[TASK DETAILS]
Starting at the top of the data and ending with the line that holds "-- No revision", transcribe each line exactly; include both ends.

[TASK MATERIAL]
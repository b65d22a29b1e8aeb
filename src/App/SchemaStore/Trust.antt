-- ===== src/App/SchemaStore/Trust.antt =====
-- Revisions of the schema store (src/app.rs) as grounds for a value to satisfy its declared table.
use dirbase.Prelude.{
  ℕ, String, Bool, true, false, ◌+◌, ◌≤◌, ◌<◌, Option, none, some, ◌≡◌, refl, ◌∙◌, subst, arith,
  Bool-cases, inl, inr, length,
}
use dirbase.Error.{Result, ok, err}
use dirbase.Runtime.{Runtime, Value}
use dirbase.Schema.Types.{DeclaredTableSchema, DeclaredSchema, Schema}
use dirbase.Schema.Types.Equal.{same_table}
use dirbase.Schema.Types.Equal.Sound.{IsSound, same_table-IsSound}
use dirbase.Schema.Merge.{merge_schemas}
use dirbase.Storage.Validation.{validate_resource_data_with_table}
use dirbase.App.SchemaStore.{
  u64_size, declared_table, changed_resources, SchemaStore, replace_declared, replace_inferred,
  install_declared, merged_into, validation_snapshot,
}
use dirbase.App.SchemaStore.Revisions.{
  IsBounded, revise_all-IsBounded, revise_all-grows, revise_all-kept, revise_all-fresh,
  changed_resources-found,
}

module _ ⦃rt : Runtime⦄ where
  -- The value satisfies the table, if one is declared.
  unfoldable pub Conforms : String → Option DeclaredTableSchema → Value → Type 0
  Conforms resource none value = Unit
  Conforms resource (some table) value =
      validate_resource_data_with_table resource value table ≡ ok tt

  -- No revision of the store is above the last one given out.
  abbrev pub IsBoundedStore : SchemaStore → Type 0
  IsBoundedStore store = IsBounded (store.declared_revisions, store.next_declared_revision)

  -- The store has revisions left for every table that this replacement may change.
  abbrev pub HasRoom : SchemaStore → Option DeclaredSchema → Type 0
  HasRoom store declared =
      length (changed_resources store.declared declared) + store.next_declared_revision < u64_size

  -- A revision that a validation of the value may carry: none that the store has yet to give out, and
  -- if it is the current one of the resource, the value satisfies the current table.
  abbrev pub Authorizes : SchemaStore → String → Value → ℕ → Type 0
  Authorizes store resource value revision =
      (revision ≤ store.next_declared_revision)
      × (revision ≡ (validation_snapshot store resource).0
          → Conforms resource (validation_snapshot store resource).1 value)

  install_declared-IsBoundedStore :
      (store : SchemaStore) (declared : Option DeclaredSchema) (merged : Result Schema String)
      → HasRoom store declared
      → IsBoundedStore store
      → IsBoundedStore (install_declared store declared merged).0
  unfolding install_declared
  install_declared-IsBoundedStore store declared (err e) room bounded = bounded
  install_declared-IsBoundedStore store declared (ok merged) room bounded =
      revise_all-IsBounded store.declared declared (changed_resources store.declared declared)
        (store.declared_revisions, store.next_declared_revision) room bounded

  pub replace_declared-IsBoundedStore :
      (store : SchemaStore) (declared : Option DeclaredSchema)
      → HasRoom store declared
      → IsBoundedStore store
      → IsBoundedStore (replace_declared store declared).0
  unfolding replace_declared
  replace_declared-IsBoundedStore store declared =
      install_declared-IsBoundedStore store declared (merge_schemas declared store.inferred)

  -- The table of a resource before and after, by whether they are the same.
  install_declared-kept :
      (store : SchemaStore) (declared : Option DeclaredSchema) (merged : Schema) (resource : String)
      → HasRoom store declared
      → same_table (declared_table store.declared resource) (declared_table declared resource)
        ≡ true
      → (validation_snapshot (install_declared store declared (ok merged)).0 resource).0
        ≡ (validation_snapshot store resource).0
  unfolding install_declared validation_snapshot
  install_declared-kept store declared merged resource room same =
      revise_all-kept store.declared declared (changed_resources store.declared declared) resource
        (store.declared_revisions, store.next_declared_revision) room same

  install_declared-fresh :
      (store : SchemaStore) (declared : Option DeclaredSchema) (merged : Schema) (resource : String)
      → HasRoom store declared
      → same_table (declared_table store.declared resource) (declared_table declared resource)
        ≡ false
      → store.next_declared_revision
        < (validation_snapshot (install_declared store declared (ok merged)).0 resource).0
  unfolding install_declared validation_snapshot
  install_declared-fresh store declared merged resource room other =
      revise_all-fresh store.declared declared (changed_resources store.declared declared) resource
        store.next_declared_revision (store.declared_revisions, store.next_declared_revision) room
        other
        (changed_resources-found store.declared declared resource
          (declared_table store.declared resource) (declared_table declared resource) refl refl
          other)
        (omega arith)

  install_declared-grows :
      (store : SchemaStore) (declared : Option DeclaredSchema) (merged : Schema)
      → HasRoom store declared
      → store.next_declared_revision
        ≤ (install_declared store declared (ok merged)).0.next_declared_revision
  unfolding install_declared
  install_declared-grows store declared merged room =
      revise_all-grows store.declared declared (changed_resources store.declared declared)
        (store.declared_revisions, store.next_declared_revision) room

  abbrev before_and_after : SchemaStore → Option DeclaredSchema → String → Bool
  before_and_after store declared resource =
      same_table (declared_table store.declared resource) (declared_table declared resource)

  install_declared-validation_snapshot :
      (store : SchemaStore) (declared : Option DeclaredSchema) (merged : Result Schema String)
      (resource : String)
      → HasRoom store declared
      → (install_declared store declared merged).1 ≡ ok tt
      → (before_and_after store declared resource ≡ true
          → (validation_snapshot (install_declared store declared merged).0 resource).0
            ≡ (validation_snapshot store resource).0)
        × (before_and_after store declared resource ≡ false
            → store.next_declared_revision
              < (validation_snapshot (install_declared store declared merged).0 resource).0)
  unfolding install_declared
  install_declared-validation_snapshot store declared (err e) resource room done = cc
  install_declared-validation_snapshot store declared (ok merged) resource room done = (
    install_declared-kept store declared merged resource room,
    install_declared-fresh store declared merged resource room,
  )

  -- A successful replacement of the declared schema keeps the revision of a resource whose table
  -- stays the same, and gives a resource whose table changes a revision above every earlier one, as
  -- long as the 64-bit counter does not wrap around.
  pub replace_declared-validation_snapshot :
      (store : SchemaStore) (declared : Option DeclaredSchema) (resource : String)
      → HasRoom store declared
      → (replace_declared store declared).1 ≡ ok tt
      → (same_table (declared_table store.declared resource) (declared_table declared resource)
            ≡ true
          → (validation_snapshot (replace_declared store declared).0 resource).0
            ≡ (validation_snapshot store resource).0)
        × (same_table (declared_table store.declared resource) (declared_table declared resource)
              ≡ false
            → store.next_declared_revision
              < (validation_snapshot (replace_declared store declared).0 resource).0)
  unfolding replace_declared
  replace_declared-validation_snapshot store declared =
      install_declared-validation_snapshot store declared (merge_schemas declared store.inferred)

  install_declared-Authorizes :
      IsSound rt.number_eq
      → (store : SchemaStore) (declared : Option DeclaredSchema) (merged : Result Schema String)
      → HasRoom store declared
      → (resource : String) (value : Value) (revision : ℕ)
      → Authorizes store resource value revision
      → Authorizes (install_declared store declared merged).0 resource value revision
  unfolding install_declared validation_snapshot
  install_declared-Authorizes sound store declared (err e) room resource value revision h = h
  install_declared-Authorizes sound store declared (ok merged) room resource value revision h =
      let grown = install_declared-grows store declared merged room in
      elim (Bool-cases (before_and_after store declared resource)) [
        | inl same ↦ (
          omega arith,
          λ current.
              subst (λ table. Conforms resource table value)
                (same_table-IsSound sound (declared_table store.declared resource)
                  (declared_table declared resource) same)
                (h.1 (current ∙ install_declared-kept store declared merged resource room same)),
        )
        | inr other ↦
            let fresh = install_declared-fresh store declared merged resource room other in
            (omega arith, λ current. absurd (grind arith))
      ]

  pub replace_declared-Authorizes :
      IsSound rt.number_eq
      → (store : SchemaStore) (declared : Option DeclaredSchema) → HasRoom store declared
      → (resource : String) (value : Value) (revision : ℕ)
      → Authorizes store resource value revision
      → Authorizes (replace_declared store declared).0 resource value revision
  unfolding replace_declared
  replace_declared-Authorizes sound store declared =
      install_declared-Authorizes sound store declared (merge_schemas declared store.inferred)

  merged_into-kept :
      (store : SchemaStore) (merged : Result Schema String)
      → ((merged_into store merged).0.declared ≡ store.declared)
        × (((merged_into store merged).0.declared_revisions ≡ store.declared_revisions)
            × ((merged_into store merged).0.next_declared_revision ≡ store.next_declared_revision))
  unfolding merged_into
  merged_into-kept store (err e) = (refl, (refl, refl))
  merged_into-kept store (ok merged) = (refl, (refl, refl))

  -- The inferred schema does not count for validation.
  pub replace_inferred-kept :
      (store : SchemaStore) (inferred : Schema)
      → ((replace_inferred store inferred).0.declared ≡ store.declared)
        × (((replace_inferred store inferred).0.declared_revisions ≡ store.declared_revisions)
            × ((replace_inferred store inferred).0.next_declared_revision
                ≡ store.next_declared_revision))
  unfolding replace_inferred
  replace_inferred-kept store inferred =
      merged_into-kept (record store { inferred = inferred })
        (merge_schemas store.declared inferred)

  pub replace_inferred-Authorizes :
      (store : SchemaStore) (inferred : Schema) (resource : String) (value : Value) (revision : ℕ)
      → Authorizes store resource value revision
      → Authorizes (replace_inferred store inferred).0 resource value revision
  unfolding validation_snapshot
  replace_inferred-Authorizes store inferred resource value revision h =
      let (declared, (revisions, last)) = replace_inferred-kept store inferred in
      rw (declared, revisions, last) h

  pub replace_inferred-IsBoundedStore :
      (store : SchemaStore) (inferred : Schema)
      → IsBoundedStore store
      → IsBoundedStore (replace_inferred store inferred).0
  replace_inferred-IsBoundedStore store inferred h =
      let (declared, (revisions, last)) = replace_inferred-kept store inferred in
      λ resource. rw (revisions, last) (h resource)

[OUTPUT OF THE EXERCISE]
repository b65d22a29b1e8aeb
filename src/App/SchemaStore/Trust.antt
-- ===== src/App/SchemaStore/Trust.antt =====
-- Revisions of the schema store (src/app.rs) as grounds for a value to satisfy its declared table.
use dirbase.Prelude.{
  ℕ, String, Bool, true, false, ◌+◌, ◌≤◌, ◌<◌, Option, none, some, ◌≡◌, refl, ◌∙◌, subst, arith,
  Bool-cases, inl, inr, length,
}
use dirbase.Error.{Result, ok, err}
use dirbase.Runtime.{Runtime, Value}
use dirbase.Schema.Types.{DeclaredTableSchema, DeclaredSchema, Schema}
use dirbase.Schema.Types.Equal.{same_table}
use dirbase.Schema.Types.Equal.Sound.{IsSound, same_table-IsSound}
use dirbase.Schema.Merge.{merge_schemas}
use dirbase.Storage.Validation.{validate_resource_data_with_table}
use dirbase.App.SchemaStore.{
  u64_size, declared_table, changed_resources, SchemaStore, replace_declared, replace_inferred,
  install_declared, merged_into, validation_snapshot,
}
use dirbase.App.SchemaStore.Revisions.{
  IsBounded, revise_all-IsBounded, revise_all-grows, revise_all-kept, revise_all-fresh,
  changed_resources-found,
}

module _ ⦃rt : Runtime⦄ where
  -- The value satisfies the table, if one is declared.
  unfoldable pub Conforms : String → Option DeclaredTableSchema → Value → Type 0
  Conforms resource none value = Unit
  Conforms resource (some table) value =
      validate_resource_data_with_table resource value table ≡ ok tt

  -- No revision of the store is above the last one given out.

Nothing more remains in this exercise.